I had a meeting, but I caught your piece in passing. It was blink and miss, but you did great.
Didn’t Bob get his anchor job at twenty-five?
The phrase “you’re misinterpreting everything I say” became easy currency in every argument. He used it to justify all the blood he drew.
Bindu’s support, Cullie’s struggles: it all piled up against her on the scales that became their marriage. Then Cullie dropped out of U of I, and Ashish stopped trying to be subtle, if he’d even tried before.
Naturally, your daughter thinks it’s okay to be flighty and to chase after things on a whim.
Aly had never chased a damn thing on a whim in her life. That was the moment when she realized that the man she’d fallen in love with because she believed he saw her—really saw her all the way to her soul—no longer did.
“So you have no idea why Ashish is here,” Radha said, pulling Aly back to the present.
“I don’t really care,” Aly said. “I have bigger issues to deal with right now. Joyce is hounding me to give her the Meryl contact. Thankfully, Meryl’s people are doing a great job keeping things under wraps. Your son is my favorite person on earth for getting Sam to make the introduction for me. I owe Bharat.”
“Well, I’m leaving all my wealth to him, to say nothing of my C-section keloid scar, so he’d better help my best friend.
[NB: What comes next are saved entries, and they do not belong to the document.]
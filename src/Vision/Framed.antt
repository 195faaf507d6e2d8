-- ===== src/Vision/Framed.antt =====
-- crates/clash-proxynet/src/vision.rs: the loop of poll_read behind the identifier keeps what is
-- due.
use rust_clash.Common.{
  ℕ, zero, suc, ◌+◌, ◌<◌, ◌≤◌, ◌≡◌, inl, inr, refl, sym, ◌∙◌, ap, false, Option, List, [], ◌∷◌,
  ◌++◌, arith, length, length-append, All, drop, length-drop, ltb, ◌==◌, Bool-cases, nat_eq,
  list_eq,
}
use mathlib.Core.Path.{subst}
use Prim.Native.Nat.{min}
use rust_clash.Io.{Next}
use rust_clash.Io.Steps.{Settles}
use rust_clash.Vision.{
  VisionRead, Mode, cmd_continue, cmd_end, feed, finish_framing, read_framed, decide_loop,
}
use rust_clash.Vision.Frames.{
  frame_of, Frames, Ending, wire_of, carried, IsFrame, IsEnding, Behind, fronts, short_wire,
}
use rust_clash.Vision.Due.{state, Due, fill_framed}
use rust_clash.Vision.Branches.{
  header_lem, framed_empty, framed_skip, framed_end, framed_short, framed_header,
}
use rust_clash.Vision.Handed.{raw-Settles, content-Settles}

module _ (uuid : List ℕ) (detach : List ℕ → Option (List ℕ)) where
  raw_after :
      (fuel room start : ℕ) (buffered : List ℕ) (c e : ℕ) (bytes payload : List ℕ)
      → 0 < fuel
      → 0 < room
      → c ≡ cmd_end
      → buffered ++ bytes ≡ payload
      → Settles (Due uuid) feed bytes payload (
          decide_loop uuid detach fuel room
            (finish_framing uuid detach (state Mode.framed start buffered c 0 0 e)))
  unfolding finish_framing
  raw_after zero room start buffered c e bytes payload f pos c1 q = absurd (omega arith)
  raw_after (suc fuel) room start buffered c e bytes payload f pos c1 q =
      let other : (c == 2) ≡ false = ground arith in
      rw other (raw-Settles uuid detach fuel room start buffered c 0 0 e bytes payload pos q)

  -- Between two frames, with too few bytes for a header.
  short-Settles :
      (loop : VisionRead → Next VisionRead) (room start : ℕ) (buffered : List ℕ) (c e : ℕ)
      (bytes payload : List ℕ) (fs : Frames) (end : Ending)
      → length buffered < 5
      → c ≡ cmd_continue
      → All IsFrame fs
      → IsEnding end
      → buffered ++ bytes ≡ wire_of fs end
      → payload ≡ carried fs end
      → Settles
          (Due uuid)
          feed
          bytes
          payload
          (read_framed uuid detach loop room (state Mode.framed start buffered c 0 0 e))
  short-Settles loop room start buffered c e bytes payload fs end few c0 all ok eq q =
      let s = state Mode.framed start buffered c 0 0 e in
      subst (λ w. Settles (Due uuid) feed bytes payload w)
        (sym (framed_short uuid detach loop room s refl refl c0 few))
        (fill_framed uuid start buffered c 0 0 e bytes payload (omega arith)
          (
            [],
            [],
            wire_of fs end,
            carried fs end,
            refl,
            refl,
            eq,
            q,
            inl (c0, (fs, end, all, ok, refl, refl)),
            refl,
          )
          (λ nil.
            q
            ∙ short_wire fs end
                (omega (arith, ap length eq, length-append buffered bytes, ap length nil))))

  -- And with a whole header.
  header_next :
      (loop : VisionRead → Next VisionRead) (room start : ℕ) (buffered : List ℕ) (c e : ℕ)
      (bytes : List ℕ) (command : ℕ) (content padding more : List ℕ)
      → 5 ≤ length buffered
      → c ≡ cmd_continue
      → IsFrame (content, padding)
      → buffered ++ bytes ≡ frame_of command content padding ++ more
      → read_framed uuid detach loop room (state Mode.framed start buffered c 0 0 e)
        ≡ loop (
            state Mode.framed
              (start + 5)
              (drop 5 buffered)
              command
              (length content)
              (length padding)
              0)
  header_next loop room start buffered c e bytes command content padding more many c0 ok eq =
      let s = state Mode.framed start buffered c 0 0 e in
      let (read, left) =
        header_lem start buffered c e bytes command content padding more many ok eq in
      framed_header uuid detach loop room s refl refl c0 many (ap (λ r. r.0) read)
      ∙ ap (λ r. loop r.1) read

  pub framed-Settles :
      (fuel room start : ℕ) (buffered : List ℕ) (c e : ℕ) (bytes payload : List ℕ)
      (content padding wire rest : List ℕ)
      → 0 < room
      → length buffered + 1 < fuel
      → buffered ++ bytes ≡ content ++ (padding ++ wire)
      → payload ≡ content ++ rest
      → Behind c wire rest
      → Settles (Due uuid) feed bytes payload (
          decide_loop uuid detach fuel room
            (state Mode.framed start buffered c (length content) (length padding) e))
  unfolding decide_loop
  framed-Settles zero room start buffered c e bytes payload content padding wire rest pos f eq q
        behind =
      absurd (omega arith)
  framed-Settles (suc fuel) room start [] c e bytes payload (x ∷ content) padding wire rest pos f eq
        q behind =
      let s = state Mode.framed start [] c (length (x ∷ content)) (length padding) e in
      subst (λ w. Settles (Due uuid) feed bytes payload w)
        (sym (
          framed_empty uuid detach (λ t. decide_loop uuid detach fuel room t) room s (omega arith)
            refl))
        (fill_framed uuid start [] c (length (x ∷ content)) (length padding) e bytes payload
          (omega arith) (x ∷ content, padding, wire, rest, refl, refl, eq, q, behind, refl)
          (λ nil. absurd (omega (arith, ap length eq, ap length nil))))
  framed-Settles (suc fuel) room start (b ∷ buffered) c e bytes payload (x ∷ content) padding wire
        rest pos f eq q behind =
      content-Settles uuid detach (λ t. decide_loop uuid detach fuel room t) room start b buffered c
        e bytes payload x content padding wire rest pos eq q behind
  framed-Settles (suc fuel) room start [] c e bytes payload [] (y ∷ padding) wire rest pos f eq q
        behind =
      let s = state Mode.framed start [] c 0 (length (y ∷ padding)) e in
      subst (λ w. Settles (Due uuid) feed bytes payload w)
        (sym (
          framed_empty uuid detach (λ t. decide_loop uuid detach fuel room t) room s (omega arith)
            refl))
        (fill_framed uuid start [] c 0 (length (y ∷ padding)) e bytes payload (omega arith)
          ([], y ∷ padding, wire, rest, refl, refl, eq, q, behind, refl)
          (λ nil. absurd (omega (arith, ap length eq, ap length nil))))
  framed-Settles (suc fuel) room start (b ∷ buffered) c e bytes payload [] (y ∷ padding) wire rest
        pos f eq q behind =
      let s = state Mode.framed start (b ∷ buffered) c 0 (length (y ∷ padding)) e in
      let n = min (length (y ∷ padding)) (length (b ∷ buffered)) in
      let (same, left) =
        fronts n (b ∷ buffered) bytes (y ∷ padding) wire (omega arith) (omega arith) eq in
      let size = length-drop n (y ∷ padding) in
      subst (λ w. Settles (Due uuid) feed bytes payload w)
        (sym (
          framed_skip uuid detach (λ t. decide_loop uuid detach fuel room t) room s refl
            (omega arith) (omega arith)
          ∙ ap
              (λ k.
                decide_loop uuid detach fuel room
                  (state Mode.framed (start + n) (drop n (b ∷ buffered)) c 0 k e))
              (sym size)))
        (framed-Settles fuel room (start + n) (drop n (b ∷ buffered)) c e bytes payload []
          (drop n (y ∷ padding)) wire rest pos (omega (arith, length-drop n (b ∷ buffered))) left q
          behind)
  framed-Settles (suc fuel) room start buffered c e bytes payload [] [] wire rest pos f eq q
        (inr (last, same)) =
      let s = state Mode.framed start buffered c 0 0 e in
      subst (λ w. Settles (Due uuid) feed bytes payload w)
        (sym
          (framed_end uuid detach (λ t. decide_loop uuid detach fuel room t) room s refl refl last))
        (raw_after fuel room start buffered c e bytes payload (omega arith) pos last
          (eq ∙ same ∙ sym q))
  framed-Settles (suc fuel) room start buffered c e bytes payload [] [] wire rest pos f eq q
        (inl (c0, ([], Ending.open_end, all, ok, w, r))) =
      short-Settles (λ t. decide_loop uuid detach fuel room t) room start buffered c e bytes payload
        [] Ending.open_end (omega (arith, ap length (eq ∙ w), length-append buffered bytes)) c0 all
        ok (eq ∙ w) (q ∙ r)
  framed-Settles (suc fuel) room start buffered c e bytes payload [] [] wire rest pos f eq q
        (inl (c0, ([], Ending.raw_end inner fill tail, all, ok, w, r))) =
      elim (Bool-cases (ltb (length buffered) 5)) [
        | inl short ↦
            short-Settles (λ t. decide_loop uuid detach fuel room t) room start buffered c e bytes
              payload [] (Ending.raw_end inner fill tail) (ground arith) c0 all ok (eq ∙ w) (q ∙ r)
        | inr long ↦
            let many : 5 ≤ length buffered = ground arith in
            let whole = eq ∙ w in
            let (read, left) =
              header_lem start buffered c e bytes cmd_end inner fill (tail) many ok whole in
            subst (λ n. Settles (Due uuid) feed bytes payload n)
              (sym (
                header_next (λ t. decide_loop uuid detach fuel room t) room start buffered c e bytes
                  cmd_end inner fill (tail) many c0 ok whole))
              (framed-Settles fuel room (start + 5) (drop 5 buffered) cmd_end 0 bytes payload inner
                fill (tail) (tail) pos (omega (arith, length-drop 5 buffered)) left (q ∙ r)
                (inr (refl, refl)))
      ]
  framed-Settles (suc fuel) room start buffered c e bytes payload [] [] wire rest pos f eq q
        (inl (c0, ((inner, fill) ∷ fs, end, all, ok, w, r))) =
      elim (Bool-cases (ltb (length buffered) 5)) [
        | inl short ↦
            short-Settles (λ t. decide_loop uuid detach fuel room t) room start buffered c e bytes
              payload ((inner, fill) ∷ fs) end (ground arith) c0 all ok (eq ∙ w) (q ∙ r)
        | inr long ↦
            let many : 5 ≤ length buffered = ground arith in
            let whole = eq ∙ w in
            let (read, left) =
              header_lem start buffered c e bytes cmd_continue inner fill (wire_of fs end) many
                all.0 whole in
            subst (λ n. Settles (Due uuid) feed bytes payload n)
              (sym (
                header_next (λ t. decide_loop uuid detach fuel room t) room start buffered c e bytes
                  cmd_continue inner fill (wire_of fs end) many c0 all.0 whole))
              (framed-Settles fuel room (start + 5) (drop 5 buffered) cmd_continue 0 bytes payload
                inner fill (wire_of fs end) (carried fs end) pos
                (omega (arith, length-drop 5 buffered)) left (q ∙ r)
                (inl (refl, (fs, end, all.1, ok, refl, refl))))
      ]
The fact that he’d help you even if I told him not to is beside the point.” Radha pushed her hands into her shorts pockets. She always got restless when she perceived an injustice. Probably why so many of her cases were pro bono and the thing about leaving her son wealth was a stretch.
“I can’t believe that Joyce is playing hardball with this,” Radha snapped. “It’s absolute horseshit. I have to agree with Cullie and Bindu. If she’s making you hand this over to Jessica, she’s never planning to give you your segment. There is such a discrimination lawsuit here—”
“No.” Aly needed this job. “I love this job.” She’d been miserable at the tech company. SFLN had given her a chance just when she’d thought she’d have to give up on her dream. “It takes time to change things. I want to do this on the basis of my work, not using legal action.”